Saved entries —
* * * * * * *
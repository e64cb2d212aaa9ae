-- ===== src/Hooks/Tests.antt =====
-- Examples for the hook evidence: a shell call that sends a value out.
use codex_privacy_hud.Prelude.{
  true, false, none, some, [], ◌∷◌, ◌≡◌, refl, ◌==◌, ◌&&◌, string_key, member, any,
}
use codex_privacy_hud.Accounting.Vocabulary.{
  DataType, Boundary, DestinationKind, EventKind, HookEvent, Phase, ActionKind, DecisionKind,
  ResolutionScope, SubjectKind, boundary_key, event_kind_key,
}
use codex_privacy_hud.Accounting.Evidence.{
  join, only_crossing_confirmed, only_local_detection, only_hook_observed,
}
use codex_privacy_hud.Accounting.Records.{ObservationRecord, EventRecord}
use codex_privacy_hud.Checks.{
  Formats, check_event, is_well_formed_event, is_supported, kind_evidence, hook_phase,
  is_consistent, chargeable, is_count,
}
use codex_privacy_hud.Hooks.{
  Readers, Payload, HookEvidence, normalize, normalize_event, classify, classify_pre, recipient,
  recognized_read, phase_of, concrete_recipient, destination_boundary, classify_evidence,
  terminal_kinds,
}
use codex_privacy_hud.Hooks.Kinds.{classified_event_is_accepted, chargeable_iff, is_some_resolved}
use codex_privacy_hud.Hooks.Crossing.{normalize_is_modest}

abbrev readers : Readers
readers = record {
  extract_destinations = λ command. "external_net" ∷ [];
  reads_path = λ command. false;
  is_mcp_tool = λ name. false;
  mcp_server_namespace = λ name. none;
  intended_network_recipient = λ command. some "x.test";
  recipient_identity = λ key destination concrete. concrete;
  action_identity = λ key host_id. some host_id;
  turn_identity = λ key host_id. some host_id;
}

abbrev payload : Payload
payload = record {
  hook_event_name = some HookEvent.pre_tool_use;
  tool_name = some "Bash";
  command = some "curl https://x.test";
  tool_use_id = some "use1";
  turn_id = none;
}

abbrev evidence : HookEvidence
evidence = record {
  delivery_key = "d";
  action_id = "use1";
  turn_id = none;
  hook_event = HookEvent.pre_tool_use;
  phase = Phase.pre;
  action_kind = ActionKind.tool;
  boundary = Boundary.b4;
  recipient = record {
    destination_kind = DestinationKind.external_net;
    identity_hash = some "x.test";
    unresolved_token = none;
  };
  evidence = only_hook_observed;
  resolution_scope = ResolutionScope.none;
  potential_crossing = true;
}

normalize_is_modest_example :
    (true ≡ true → (Boundary.b4 == Boundary.b0) ≡ false)
    × (Boundary.b4 ≡ destination_boundary DestinationKind.external_net)
    × (Phase.pre ≡ hook_phase HookEvent.pre_tool_use)
    × ((o : ObservationRecord)
        → o.evidence ≡ only_hook_observed
        → o.resolution_scope ≡ ResolutionScope.none
        → is_consistent o ≡ true)
unfolding normalize normalize_event classify classify_pre recipient recognized_read phase_of
    concrete_recipient member any
normalize_is_modest_example =
    normalize_is_modest readers payload "d" (some "key") "fresh" "token" evidence refl

abbrev formats : Formats
formats = record {
  is_opaque_id = λ s. true;
  is_path_rule = λ s. true;
  is_source_label = λ s. s == "tool input";
  is_safe_exemplar = λ d s. true;
}

abbrev crossing : ObservationRecord
crossing = record {
  session_id = "s";
  delivery_key = "d";
  action_id = "use1";
  turn_id = none;
  ts = 10;
  hook_event = HookEvent.pre_tool_use;
  phase = Phase.pre;
  action_kind = ActionKind.tool;
  boundary = Boundary.b4;
  decision = DecisionKind.allow;
  evidence = join only_crossing_confirmed (join only_local_detection only_hook_observed);
  resolution_scope = ResolutionScope.pairs;
  potential_crossing = true;
  scan_gap = none;
  guard_target = none;
}

abbrev exposure : EventRecord
exposure = record {
  subject = record {
    subject_kind = SubjectKind.value;
    identity_hash = some "v";
    safe_suffix = none;
    unresolved_token = none;
  };
  recipient = evidence.recipient;
  kind = EventKind.exposed;
  evidence = join only_crossing_confirmed only_local_detection;
  data_type = DataType.email;
  rule_id = none;
  occurrences = 1;
  source_label = "tool input";
  boundary = Boundary.b4;
  masked_example = none;
}

classified_event_is_accepted_example :
    check_event formats exposure crossing destination_boundary ≡ true
unfolding classify_evidence terminal_kinds member any is_well_formed_event is_count
classified_event_is_accepted_example =
    classified_event_is_accepted formats destination_boundary crossing exposure refl refl refl refl
      refl

chargeable_iff_example :
    chargeable exposure destination_boundary
    ≡ (EventKind.exposed == EventKind.exposed && is_some_resolved exposure)
unfolding check_event is_supported kind_evidence is_well_formed_event is_count
chargeable_iff_example = chargeable_iff formats destination_boundary crossing exposure refl
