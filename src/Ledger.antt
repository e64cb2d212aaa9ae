-- ===== src/Ledger.antt =====
-- The version-2 ledger of src/privacy_hud/ledger.py.
pub mod Tables
pub mod Identities
pub mod Batch
pub mod Loop
pub mod Recording
pub mod Targets
pub mod Sessions
pub mod Charges
pub mod Outcome
pub mod Metadata
pub mod Calls
pub mod Rows
pub mod Scores
pub mod Pairs
pub mod Fresh
pub mod Repeats
pub mod Replay
pub mod Closed
pub mod Kinds
pub mod Priced
pub mod Budgeted
pub mod Index
pub mod Links
pub mod Sound
pub mod Transactions
pub mod Spending
pub mod Summary
pub mod Percentage
pub mod Monotone
pub mod Examples
pub mod Denials
pub mod Tests
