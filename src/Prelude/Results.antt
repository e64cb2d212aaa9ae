-- ===== src/Prelude/Results.antt =====
-- The outcome of code that may raise: the value, or the error that propagates.
use mathlib.Core.Path.{◌≡◌, refl}
use mathlib.Core.Bool.{Bool, true, false}

pub data Result {ℓ κ} (E : Type ℓ) (A : Type κ) : Type (ℓ ⊔ κ) where
  raised : E → Result E A
  returned : A → Result E A

module _ {ℓ κ} {E : Type ℓ} {A : Type κ} where
  -- `if test: raise error`
  abbrev pub raise_if : Bool → E → Result E A → Result E A
  raise_if true e r = raised e
  raise_if false e r = r

  abbrev pub and_then {μ} : {B : Type μ} → Result E A → (A → Result E B) → Result E B
  and_then (raised e) f = raised e
  and_then (returned a) f = f a

  pub raise_if-returned :
      (test : Bool) (e : E) (r : Result E A) (a : A)
      → raise_if test e r ≡ returned a
      → (test ≡ false) × (r ≡ returned a)
  raise_if-returned true e r a h = cc
  raise_if-returned false e r a h = (refl, h)

  pub and_then-returned {μ} :
      {B : Type μ} (r : Result E A) (f : A → Result E B) (b : B)
      → and_then r f ≡ returned b
      → (a : A) × (r ≡ returned a) × (f a ≡ returned b)
  and_then-returned (raised e) f b h = cc
  and_then-returned (returned a) f b h = (a, refl, h)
* * * * * * *
Your instructions —
Which lines in the records contain the word "false"? Copy each one.

Solution —
  true, false, none, some, [], ◌∷◌, ◌≡◌, refl, ◌==◌, ◌&&◌, string_key, member, any,
  reads_path = λ command. false;
  is_mcp_tool = λ name. false;
    (true ≡ true → (Boundary.b4 == Boundary.b0) ≡ false)
use mathlib.Core.Bool.{Bool, true, false}
  raise_if false e r = r
      → (test ≡ false) × (r ≡ returned a)
  raise_if-returned false e r a h = (refl, h)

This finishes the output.